All the recent noise about AI, artificial intelligence, has left me wondering what we are going to do with all our spare time. AI apparently can learn, solve problems, and plan for the future, which leads me to suspect that considering the state of the world, there was an awful lot of home-grown artificial intelligence around before computers got involved.
So someday The Working Waterfront can have AI write this column and I can go do other things with my time. The question remains, like what?
Technology consistently promises that machines will make our lives easier, that we’ll have more leisure. Instead, modern people find themselves working harder, more, and longer. History explains a little.
When it is easier to clean because of a vacuum cleaner, you’d think we’d take an afternoon off once in a while.
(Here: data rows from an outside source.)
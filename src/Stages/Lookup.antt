-- ===== src/Stages/Lookup.antt =====
-- The rows that a test finds in a table of stage runs.
use pruebas_personalizadas.Prelude.Common.{
  ◌≡◌, refl, sym, ap, subst, ◌∙◌, String, none, some, List, [], ◌∷◌, Bool, true, false, not, inl,
  inr, Memᴰ,
}
use pruebas_personalizadas.Prelude.Tests.{
  is_some, Bool-cases, if-true, some-injective, if-false, and-true, and-eq-true,
}
use pruebas_personalizadas.Prelude.Eq.{◌==◌, string_eq, option_eq, eq_of_true, beq_refl}
use pruebas_personalizadas.Stages.{
  StageStatus, stage_status_eq, StageRunRow, StageCall, stage_row, first_where, is_indexed,
  is_success_of, shares_key,
}

module _ {O : Type 0} where
  pub first_where-mem :
      (p : StageRunRow O → Bool) (rows : List (StageRunRow O)) {row : StageRunRow O}
      → first_where p rows ≡ some row
      → Memᴰ row rows
  unfolding first_where
  first_where-mem p [] h = cc h
  first_where-mem p (x ∷ rows) {row} h = elim (Bool-cases (p x)) [
    | inl t ↦
        subst (λ (r : StageRunRow O). Memᴰ r (x ∷ rows)) (some-injective (sym (if-true _ _ t) ∙ h))
          (Memᴰ.head refl)
    | inr f ↦ Memᴰ.tail (first_where-mem p rows (sym (if-false _ _ f) ∙ h))
  ]

  pub first_where-true :
      (p : StageRunRow O → Bool) (rows : List (StageRunRow O)) {row : StageRunRow O}
      → first_where p rows ≡ some row
      → p row ≡ true
  unfolding first_where
  first_where-true p [] h = cc h
  first_where-true p (x ∷ rows) {row} h = elim (Bool-cases (p x)) [
    | inl t ↦ subst (λ (r : StageRunRow O). p r ≡ true) (some-injective (sym (if-true _ _ t) ∙ h)) t
    | inr f ↦ first_where-true p rows (sym (if-false _ _ f) ∙ h)
  ]

  pub first_where-none :
      (p : StageRunRow O → Bool) (rows : List (StageRunRow O)) {row : StageRunRow O}
      → first_where p rows ≡ none
      → Memᴰ row rows
      → p row ≡ false
  unfolding first_where
  first_where-none p [] h m = elim m [ ]
  first_where-none p (x ∷ rows) h m = elim (Bool-cases (p x)) [
    | inl t ↦ cc (sym (if-true _ _ t) ∙ h)
    | inr f ↦ elim m [
      | Memᴰ.head e ↦ ap p e ∙ f
      | Memᴰ.tail k ↦ first_where-none p rows (sym (if-false _ _ f) ∙ h) k
    ]
  ]

  pub first_where-only :
      (p : StageRunRow O → Bool) (rows : List (StageRunRow O)) (row : StageRunRow O)
      → p row ≡ true
      → Memᴰ row rows
      → ((other : StageRunRow O) → Memᴰ other rows → p other ≡ true → other ≡ row)
      → first_where p rows ≡ some row
  unfolding first_where
  first_where-only p [] row t m only = elim m [ ]
  first_where-only p (x ∷ rows) row t m only = elim (Bool-cases (p x)) [
    | inl y ↦ if-true _ _ y ∙ ap some (only x (Memᴰ.head refl) y)
    | inr n ↦ if-false _ _ n ∙ elim m [
      | Memᴰ.head e ↦ cc (t, ap p e, n)
      | Memᴰ.tail k ↦ first_where-only p rows row t k (λ other m. only other (Memᴰ.tail m))
    ]
  ]

  success-IsIndexed :
      (call : StageCall O) (row : StageRunRow O)
      → is_success_of call row ≡ true
      → (row.stage_key ≡ call.stage_key) × (is_indexed row ≡ true)
  success-IsIndexed call row h =
      let (h1, digest) = and-true {b = is_some row.output_hash} h in
      let (h2, version) = and-true {b = row.component_version == some call.component_version} h1 in
      let (h3, status) = and-true {b = row.status == StageStatus.succeeded} h2 in
      let (_, key) = and-true {b = row.stage_key == call.stage_key} h3 in
      (
        eq_of_true key,
        and-eq-true
            (and-eq-true status (ap is_some {x = row.component_version} (eq_of_true version)))
            digest,
      )

  -- Two successes of one call share its key.
  pub success-shares :
      (call : StageCall O) (row other : StageRunRow O)
      → is_success_of call row ≡ true
      → is_success_of call other ≡ true
      → (other.id == row.id) ≡ false
      → shares_key row other ≡ true
  success-shares call row other h k new =
      let (key, indexed) = success-IsIndexed call row h in
      let (other_key, other_indexed) = success-IsIndexed call other k in
      and-eq-true (and-eq-true (and-eq-true (ap not new) indexed) other_indexed)
        (ap (λ (k : String). k == row.stage_key) (other_key ∙ sym key) ∙ beq_refl row.stage_key)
Take egg beaters. Before mechanical egg beaters, cooks used a bundle of twigs to whip whites into a froth for helping raise refined cakes. It took quite a while, so ordinary households didn’t make that kind of cake very often, perhaps only for the most special occasions. Some cakes required a lot of beating anyway, so a hired arm and hand to do the job meant if you could afford to, you could show off your prosperity with your elegant, light cake.
Cookbooks from the 1600s through the early 1800s contained a few recipes for cake, some raised with eggs, some with yeast. Many were denser and moister—think of pound cake—perfectly delicious but certainly not angel cake.
Along come egg beaters in the middle of the 1800s, and suddenly it was easier for ordinary homemakers to create cakes. Add to beaters, less expensive refined flour from western wheat, and cheaper sugar, plus expanded cookbook cake sections and almost anyone could have cake. In fact, before long it was expected.
The province of elite cake was invaded by lesser sorts with mechanical servants. The catch? The increased expectations, the elaborations. This occurred in most corners of everyday life.
Making clothing: instead of a seamstress making a garment in x hours by hand, with a sewing machine, x hours yielded a much more elaborate dress with lots of ruffles, pleats, buttonholes, etc., etc. You’d have thought they would be happy to make the dress in y hours, but nope. Maybe because the dress-buyer wouldn’t want to pay the same amount of money for a dress that took less time to make?
When it is easier to clean because of a vacuum cleaner, or to wash clothes because of a washing machine, you’d think we’d take an afternoon off once in a while. Instead we keep our houses cleaner than was ever possible in the past, and we wash our clothes more often. (Sure, the past was messier and smellier.) We’ve raised expectations and created elaborations.
We’ve done it with just about everything in our society. Our infrastructure makes possible a cross-country trip for a special event, so we may be expected to do so despite the fact that the system to support it requires hundreds of people working insane hours, yields earth-warming carbon, and we travelers bite our nails about delays and weather.
Our sneaky little phones have made it possible to stay in touch with dozens more people, all at the same time, than anyone ever conceived possible in the past, and so now the pressure is on to do that. Don’t answer someone’s text in a few minutes? OMG, don’t you love me anymore?
All this hasn’t apparently made us happier or provided respite. Who benefits from all this? Well, apparently, not most of us. Follow the money and you might figure it out.
I don’t have any more spare time than you do, but I expect you know what I’m going to do with the time I do have. Without listening to podcasts, or books read aloud, I’m going to go outdoors where there is, I hope for a little while more, birdsong and breezes in leaves, and I’ll stick my hands in the soil, plant seeds, observe the growth (or the lack of it), tend the plants, harvest, cook, and eat my produce.
Gardening is calming, good for the soul (even when it is exasperating), and soil bacteria on our skin promotes our healthiness. Because I know intimately the plants that become my food, I know what is in them. The carrots and onions that I cook don’t need an ingredient list.
I will learn from what I see and do, solve the problems that always crop up as we deal with the small lives—green, microbial, wormy—we have in our care, and plan for how to do things next year. Nothing artificially intelligent about it.